§ **WHAT YOU ARE ASKED TO DO**
In the records that follow, find each line with "panic" and pull it out.

__________

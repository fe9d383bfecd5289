-- ===== src/Runtime/Globals.antt =====
-- oplr/src/GLOBTBL.CPP and GLOBTBL.H: the table of the global variables that the procedures on
-- the call stack have declared. An entry's address is its identity, which the marks compare.
pub mod Find
pub mod Rollback
use opl_dev.Prelude.{
  ℕ, zero, suc, ◌+◌, ◌*◌, ◌/◌, ◌%◌, List, [], ◌∷◌, Bool, true, false, ◌&&◌, Option, none, some,
  ◌==◌, if◌then◌else◌,
}
use opl_dev.Prelude.Int.{ℤ, pos_part, neg_part, from_bits}
use opl_dev.Prelude.Outcome.{Outcome, ok, panic, ◌>>=◌, empty_list}

-- `TOplGlobal`. A name is its code units; `ptr` is the address of the variable.
pub record Global : Type 0 where
  pub address : ℕ
  pub name : List ℕ
  pub type : ℕ
  pub ptr : ℕ

-- `CGlobalsTbl`: `iList` and `iListMark` at each index, and the address of the next entry that is
-- allocated.
pub record Table : Type 0 where
  pub lists : ℕ → List Global
  pub marks : ℕ → Option ℕ
  pub next : ℕ

abbrev pub bits_xor : ℕ → ℕ → ℕ → ℕ
bits_xor zero a b = 0
bits_xor (suc w) a b = (a + b) % 2 + 2 * bits_xor w (a / 2) (b / 2)

-- The loop of GetHashValue, over 32 bits
abbrev pub hash_bits : ℕ → List ℕ → ℕ
hash_bits h [] = h
hash_bits h (c ∷ cs) = hash_bits (bits_xor 32 (h * 2 % 0x1_0000_0000) c) cs

-- `GetHashValue`
unfoldable pub get_hash_value : List ℕ → ℕ
get_hash_value name =
    let hash = from_bits 0x8000_0000 (hash_bits 0 name) in (pos_part hash + neg_part hash) % 16

-- `iName.Compare(aName)==0`
abbrev pub same_name : List ℕ → List ℕ → Bool
same_name [] [] = true
same_name [] (c ∷ t) = false
same_name (b ∷ s) [] = false
same_name (b ∷ s) (c ∷ t) = let rest = same_name s t in if b == c then rest else false

abbrev pub update : (ℕ → List Global) → ℕ → List Global → ℕ → List Global
update lists i l k = if k == i then l else lists k

-- `AddL`
unfoldable pub add : List ℕ → ℕ → ℕ → Table → Table
add name type ptr t =
    let hash = get_hash_value name in
    let global : Global = record { address = t.next; name = name; type = type; ptr = ptr } in
    record t { lists = update t.lists hash (global ∷ t.lists hash); next = suc t.next }

-- `Remove`: the first entry of the name's list goes.
unfoldable pub remove : List ℕ → Table → Outcome Table
remove name t =
    let hash = get_hash_value name in
    elim (t.lists hash) [
      | [] ↦ panic empty_list
      | first ∷ rest ↦ ok (record t { lists = update t.lists hash rest })
    ]

abbrev pub find_in : List ℕ → ℕ → List Global → Option ℕ
find_in name type [] = none
find_in name type (g ∷ gs) =
    let rest = find_in name type gs in
    if same_name g.name name && (g.type == type) then some g.ptr else rest

-- `Find`; none is NULL.
unfoldable pub find : List ℕ → ℕ → Table → Option ℕ
find name type t = find_in name type (t.lists (get_hash_value name))

abbrev pub first_address : List Global → Option ℕ
first_address [] = none
first_address (g ∷ gs) = some g.address

-- `PrepareToAddC`
unfoldable pub prepare_to_add : Table → Table
prepare_to_add t = record t { marks = λ k. first_address (t.lists k) }

abbrev pub same_address : Option ℕ → Option ℕ → Bool
same_address none none = true
same_address (some a) (some b) = a == b
same_address a b = false

-- The loop of RemoveAddedGlobals at one index
unfoldable pub remove_added : Option ℕ → List Global → Outcome (List Global)
remove_added mark [] = if same_address none mark then ok [] else panic empty_list
remove_added mark (g ∷ gs) =
    let rest = remove_added mark gs in
    if same_address (some g.address) mark then ok (g ∷ gs) else rest

abbrev all_lists : (ℕ → List Global) → (ℕ → Option ℕ) → (count : ℕ) → Outcome (ℕ → List Global)
all_lists lists marks zero = ok lists
all_lists lists marks (suc k) =
    remove_added (marks k) (lists k) >>= λ l. all_lists (update lists k l) marks k

-- `RemoveAddedGlobals`. The lists do not depend on each other: they are taken from the last.
unfoldable pub remove_added_globals : Table → Outcome Table
remove_added_globals t = do lists ← all_lists t.lists t.marks 16; ok (record t { lists = lists })

-- What a procedure declares: `SOplGlobal`, with the offset in its frame.
pub record Declared : Type 0 where
  pub name : List ℕ
  pub type : ℕ
  pub offset : ℕ

-- The loop of CProcedure::AddGlobalsL, with the address of the frame's cell
unfoldable pub add_all : ℕ → List Declared → Table → Table
add_all cell [] t = t
add_all cell (d ∷ ds) t = add_all cell ds (add d.name d.type (cell + d.offset) t)

-- The loop of ~CFrame
unfoldable pub remove_all : List Declared → Table → Outcome Table
remove_all [] t = ok t
remove_all (d ∷ ds) t = remove d.name t >>= remove_all ds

__________

§ **TASK RESPONSE**
use opl_dev.Prelude.Outcome.{Outcome, ok, panic, ◌>>=◌, empty_list}
      | [] ↦ panic empty_list
remove_added mark [] = if same_address none mark then ok [] else panic empty_list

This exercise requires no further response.